Lexus GS 450h

So does petrol-electric power give latest executive car an edge over class leaders?

The original GS 450h was the world’s first rear-wheel-drive hybrid sports saloon, but its styling didn’t reflect the cutting-edge technology lurking under the bodywork. And unfortunately, the latest model does little to change that.

It’s a conservative-looking executive saloon which blends into the background rather than announcing its arrival. This isn’t unusual for Lexus, and some customers no doubt like the company’s low-key approach; it’s just a pity the GS already looks so dated.

It’s a similar story once you step inside the cabin. There’s no faulting the quality of the leather, inlays and trim, and – as you would expect in a Lexus – everything is faultlessly put together. Yet the design appears a bit too old-fashioned.

The upper section of the dashboard is focused around the 12.3-inch colour screen, but the way the plastics blend down into the display isn’t as neat a solution as the A6’s automatically retracting flat-screen. And while Lexus’ computer mouse-inspired Remote Touch Interface controller has been improved, it’s still over-sensitive and not as easy to use as the Audi and BMW systems.

There are other niggles, too. The electric park brake button is hidden away below the steering wheel, while the temperature read-out for the air-conditioning looks like it’s from an eighties’ digital watch. And although the steering column’s telescopic reach has been increased by 50mm, the Lexus still doesn’t have as wide a range of steering and seat adjustment as its rivals here.

The seats themselves are impressively comfortable, plus come heated and cooled as standard. In the back, passenger space is adequate, but with no increase in wheelbase over the outgoing model, there’s a fraction less legroom than in the Audi or BMW.

The biggest improvement over the old car is a 55 per cent increase in boot space, which comes as a result of better battery packaging, although the 465-litre capacity is still 55 litres smaller than the BMW’s.

Still, the nickel-metal hydride batteries, electric motor and 286bhp 3.5-litre V6 petrol engine combine to deliver a maximum output of 341bhp – meaning that the GS has the performance to match the large-capacity diesels in this test.

Despite weighing in at a hefty 1,930kg, the Lexus accelerates from 0-60mph in 5.9 seconds – a mere four tenths behind the BMW. On paper, in-gear response trails the diesels slightly, but in reality none of the cars in this test is short on acceleration when you press the throttle.

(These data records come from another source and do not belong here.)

-- ===== src/Messages.antt =====
-- internal/api/messages_stream.go: the chunks of an upstream become the events of the Messages
-- dialect. `writes n` says whether the write of number n succeeds; after a failed write the source
-- returns the error, and nothing more is written.
pub mod Grammar
pub mod Legal
pub mod Brackets
use zealish_router.Base.{
  Run, live, failed, ◌>>=◌, ℕ, ◌+◌, String, Bool, true, false, not, ◌&&◌, Option, none, some, List,
  [], ◌∷◌, ◌++◌, if◌then◌else◌, str_eq, ℤ, pos, length, is_bound, IntMap, find_int, put_int,
}
use zealish_router.Wire.{
  ToolCall, Delta, Choice, StreamChunk, TokenUsage, MessageUsage, no_usage, to_message_usage,
  stop_reason,
}

pub data Block : Type 0 where
  text_block : Block
  tool_block : String → String → Block

pub data MessageEvent : Type 0 where
  message_start : String → String → MessageEvent
  block_start : ℕ → Block → MessageEvent
  text_delta input_delta : ℕ → String → MessageEvent
  block_stop : ℕ → MessageEvent
  message_delta : String → MessageUsage → MessageEvent
  message_stop ping : MessageEvent

pub record MessageStream : Type 0 where
  pub id : String
  pub model : String
  pub started : Bool
  pub opened : Bool
  pub block_open : Bool
  pub text_open : Bool
  pub block_index : ℕ
  pub tool_blocks : IntMap ℕ
  pub stop : String
  pub usage : Option TokenUsage
  pub sent : List MessageEvent

unfoldable pub new_stream : String → MessageStream
new_stream model = record {
  id = "";
  model = model;
  started = false;
  opened = false;
  block_open = false;
  text_open = false;
  block_index = 0;
  tool_blocks = [];
  stop = "";
  usage = none;
  sent = [];
}

abbrev pub is_text : Block → Bool
is_text text_block = true
is_text (tool_block id name) = false

abbrev pub index_of : ToolCall → ℤ
index_of call = elim call.index [ none ↦ pos 0 | some i ↦ i ]

-- What the loop of `relayMessages` selects. The list of signals ends when the channel is closed.
pub data Signal : Type 0 where
  received : StreamChunk → Signal
  idle cancelled : Signal

module _ (writes : ℕ → Bool) where
  unfoldable pub emit : MessageEvent → MessageStream → Run MessageStream
  emit e m =
      if writes (length m.sent) then live (record m { sent = m.sent ++ e ∷ [] }) else failed m

  unfoldable pub start : StreamChunk → MessageStream → Run MessageStream
  start c m =
      let model = if str_eq c.model "" then m.model else c.model in
      if m.started
      then live m
      else emit (message_start c.id model) (record m { started = true; id = c.id; model = model })

  unfoldable pub close_block : MessageStream → Run MessageStream
  close_block m =
      if m.block_open
      then emit (block_stop m.block_index) (record m { block_open = false })
      else live m

  abbrev pub begin_block : Block → MessageStream → Run MessageStream
  begin_block block m =
      let index = if m.opened then m.block_index + 1 else m.block_index in
      emit (block_start index block) (record m {
        block_index = index;
        opened = true;
        block_open = true;
        text_open = is_text block;
      })

  -- The kind of the open block is `text_open`; it is read only while a block is open.
  unfoldable pub open_block : Block → MessageStream → Run MessageStream
  open_block block m =
      if m.block_open && (m.text_open && is_text block)
      then live m
      else close_block m >>= begin_block block

  unfoldable pub text_piece : Option String → MessageStream → Run MessageStream
  text_piece none m = live m
  text_piece (some text) m =
      if str_eq text ""
      then live m
      else open_block text_block m >>= λ m'. emit (text_delta m'.block_index text) m'

  -- `m.toolBlocks[idx]`, which is 0 for a missing key.
  abbrev pub block_of : Option ℕ → ℕ
  block_of none = 0
  block_of (some b) = b

  abbrev pub announce : ToolCall → MessageStream → Run MessageStream
  announce call m =
      if is_bound (find_int (index_of call) m.tool_blocks)
      then live m
      else open_block (tool_block call.id call.name) m >>= λ m'.
          live (record m' { tool_blocks = put_int (index_of call) m'.block_index m'.tool_blocks })

  abbrev pub fragment : ToolCall → MessageStream → Run MessageStream
  fragment call m =
      if str_eq call.arguments ""
      then live m
      else emit (input_delta (block_of (find_int (index_of call) m.tool_blocks)) call.arguments) m

  unfoldable pub tool_piece : ToolCall → MessageStream → Run MessageStream
  tool_piece call m = announce call m >>= fragment call

  unfoldable pub tool_deltas : List ToolCall → MessageStream → Run MessageStream
  tool_deltas [] m = live m
  tool_deltas (call ∷ calls) m = tool_piece call m >>= tool_deltas calls

  unfoldable pub delta : Delta → MessageStream → Run MessageStream
  delta d m = text_piece d.text m >>= tool_deltas d.tool_calls

  abbrev pub delta_of : Option Delta → MessageStream → Run MessageStream
  delta_of none m = live m
  delta_of (some d) m = delta d m

  abbrev pub note_reason : Option String → MessageStream → MessageStream
  note_reason none m = m
  note_reason (some reason) m =
      if str_eq reason "" then m else record m { stop = stop_reason reason }

  unfoldable pub choices : List Choice → MessageStream → Run MessageStream
  choices [] m = live m
  choices (c ∷ cs) m = delta_of c.delta m >>= λ m'. choices cs (note_reason c.finish_reason m')

  abbrev pub note_usage : Option TokenUsage → MessageStream → MessageStream
  note_usage none m = m
  note_usage (some u) m = record m { usage = some u }

  unfoldable pub chunk : StreamChunk → MessageStream → Run MessageStream
  chunk c m = start c (note_usage c.usage m) >>= choices c.choices

  abbrev pub bare_chunk : String → StreamChunk
  bare_chunk model = record { id = ""; model = model; choices = []; usage = none }

  abbrev pub usage_or_none : Option MessageUsage → MessageUsage
  usage_or_none none = no_usage
  usage_or_none (some u) = u

  abbrev pub report : MessageStream → Run MessageStream
  report m =
      emit
        (message_delta (if str_eq m.stop "" then "end_turn" else m.stop)
          (usage_or_none (to_message_usage m.usage)))
        m

  unfoldable pub finish : MessageStream → Run MessageStream
  finish m = start (bare_chunk m.model) m >>= close_block >>= report >>= emit message_stop

  unfoldable pub relay : List Signal → MessageStream → Run MessageStream
  relay [] m = finish m
  relay (received c ∷ signals) m = chunk c m >>= relay signals
  relay (idle ∷ signals) m = emit ping m >>= relay signals
  relay (cancelled ∷ signals) m = failed m

  unfoldable pub relay_messages : String → List Signal → Run MessageStream
  relay_messages model signals = relay signals (new_stream model)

The V6 engine itself is unobtrusive to the point of being bland, while under hard acceleration the CVT transmission keeps the revs high for long periods, contrasting with the effortless torquey refinement of the BMW and Audi. Around town you get the benefit of silent zero-emissions driving, but anything other than very light throttle inputs will see the petrol engine cut back in. Pick up speed and refinement continues to be a strong point, yet despite a soft set-up the suspension fails to iron out imperfections, and the ride is unsettled over poor surfaces.

The GS also struggles to control roll in corners. There’s more body movement than in its rivals, while the light steering lacks feel. Worse still, the regenerative braking set-up results in an uneven and grabby pedal response.

On the plus side, improved hybrid technology means the GS 450h is 20 per cent more  fuel efficient than the outgoing model and produces only 141g/km of CO2 – so it’s the cleanest in our test on paper.

Add in the lowest list price and it’s also the cheapest company car, although if you opt for the racy £50,995 F Sport model, the Benefit in Kind tax bill rises steeply. Regardless of spec, you’re likely to suffer average fuel returns and heavy depreciation – we managed only 30.8mpg and our experts predict 30.9 per cent residuals.

So bearing in mind the GS 450h’s dynamic compromises, it’s clear that Lexus has a tough job on its hands to steal sales from established diesel executive models.


Chart position: 3Why? The GS has always been an alternative choice to the upmarket European saloons that dominate this sector. Can all-new model finally shake up the class order?